== PROBLEM STATEMENT ==
Look through the data below for the line with "pub message : Message", and transcribe it exactly together with each line after it up to and including the line with "took : Option Call → Round". Give nothing else.

== Collected data ==
★ ★ ★ ★
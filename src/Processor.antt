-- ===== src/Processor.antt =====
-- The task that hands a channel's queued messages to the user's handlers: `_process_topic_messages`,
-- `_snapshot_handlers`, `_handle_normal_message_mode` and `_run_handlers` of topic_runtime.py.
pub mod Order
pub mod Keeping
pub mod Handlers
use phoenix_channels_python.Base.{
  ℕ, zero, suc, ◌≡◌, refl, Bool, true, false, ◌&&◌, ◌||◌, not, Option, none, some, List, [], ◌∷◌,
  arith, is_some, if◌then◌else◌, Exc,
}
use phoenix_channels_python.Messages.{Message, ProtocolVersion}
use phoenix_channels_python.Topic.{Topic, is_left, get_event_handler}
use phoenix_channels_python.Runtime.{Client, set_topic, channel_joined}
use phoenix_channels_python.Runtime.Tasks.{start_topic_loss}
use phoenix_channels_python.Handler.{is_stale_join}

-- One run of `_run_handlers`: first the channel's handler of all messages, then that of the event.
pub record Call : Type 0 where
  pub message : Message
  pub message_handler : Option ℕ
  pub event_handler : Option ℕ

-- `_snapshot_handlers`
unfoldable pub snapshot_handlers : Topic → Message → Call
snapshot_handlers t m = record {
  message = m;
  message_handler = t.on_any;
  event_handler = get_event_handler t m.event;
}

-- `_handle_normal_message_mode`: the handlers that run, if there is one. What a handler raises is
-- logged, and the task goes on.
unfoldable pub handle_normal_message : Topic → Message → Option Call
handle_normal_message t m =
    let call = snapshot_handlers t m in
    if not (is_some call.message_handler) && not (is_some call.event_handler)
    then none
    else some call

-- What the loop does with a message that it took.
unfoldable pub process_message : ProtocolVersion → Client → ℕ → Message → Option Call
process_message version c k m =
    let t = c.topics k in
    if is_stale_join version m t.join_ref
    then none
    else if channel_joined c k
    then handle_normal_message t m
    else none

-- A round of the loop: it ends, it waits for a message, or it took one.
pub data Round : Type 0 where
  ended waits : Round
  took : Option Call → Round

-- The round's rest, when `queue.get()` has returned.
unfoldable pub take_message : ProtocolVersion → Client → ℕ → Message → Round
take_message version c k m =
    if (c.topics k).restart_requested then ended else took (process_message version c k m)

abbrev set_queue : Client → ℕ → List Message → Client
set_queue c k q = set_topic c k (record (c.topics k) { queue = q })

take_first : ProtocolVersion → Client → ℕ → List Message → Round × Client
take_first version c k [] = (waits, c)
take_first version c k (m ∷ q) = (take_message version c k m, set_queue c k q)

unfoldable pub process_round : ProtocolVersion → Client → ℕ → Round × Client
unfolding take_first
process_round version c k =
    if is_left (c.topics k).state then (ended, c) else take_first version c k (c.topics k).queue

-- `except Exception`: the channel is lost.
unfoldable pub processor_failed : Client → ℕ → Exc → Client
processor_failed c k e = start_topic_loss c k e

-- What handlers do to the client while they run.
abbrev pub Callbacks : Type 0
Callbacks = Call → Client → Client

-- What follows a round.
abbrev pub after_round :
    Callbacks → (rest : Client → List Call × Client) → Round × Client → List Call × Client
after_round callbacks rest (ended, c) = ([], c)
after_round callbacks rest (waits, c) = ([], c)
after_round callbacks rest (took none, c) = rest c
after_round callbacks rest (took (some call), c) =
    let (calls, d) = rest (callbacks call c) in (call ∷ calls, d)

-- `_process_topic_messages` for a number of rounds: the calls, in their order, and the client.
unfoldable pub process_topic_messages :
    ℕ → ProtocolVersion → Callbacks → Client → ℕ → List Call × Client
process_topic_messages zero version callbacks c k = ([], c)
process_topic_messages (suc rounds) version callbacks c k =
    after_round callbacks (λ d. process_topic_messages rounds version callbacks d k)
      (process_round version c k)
★ ★ ★ ★
== TASK ANSWER ==
  pub message : Message
  pub message_handler : Option ℕ
  pub event_handler : Option ℕ

-- `_snapshot_handlers`
unfoldable pub snapshot_handlers : Topic → Message → Call
snapshot_handlers t m = record {
  message = m;
  message_handler = t.on_any;
  event_handler = get_event_handler t m.event;
}

-- `_handle_normal_message_mode`: the handlers that run, if there is one. What a handler raises is
-- logged, and the task goes on.
unfoldable pub handle_normal_message : Topic → Message → Option Call
handle_normal_message t m =
    let call = snapshot_handlers t m in
    if not (is_some call.message_handler) && not (is_some call.event_handler)
    then none
    else some call

-- What the loop does with a message that it took.
unfoldable pub process_message : ProtocolVersion → Client → ℕ → Message → Option Call
process_message version c k m =
    let t = c.topics k in
    if is_stale_join version m t.join_ref
    then none
    else if channel_joined c k
    then handle_normal_message t m
    else none

-- A round of the loop: it ends, it waits for a message, or it took one.
pub data Round : Type 0 where
  ended waits : Round
  took : Option Call → Round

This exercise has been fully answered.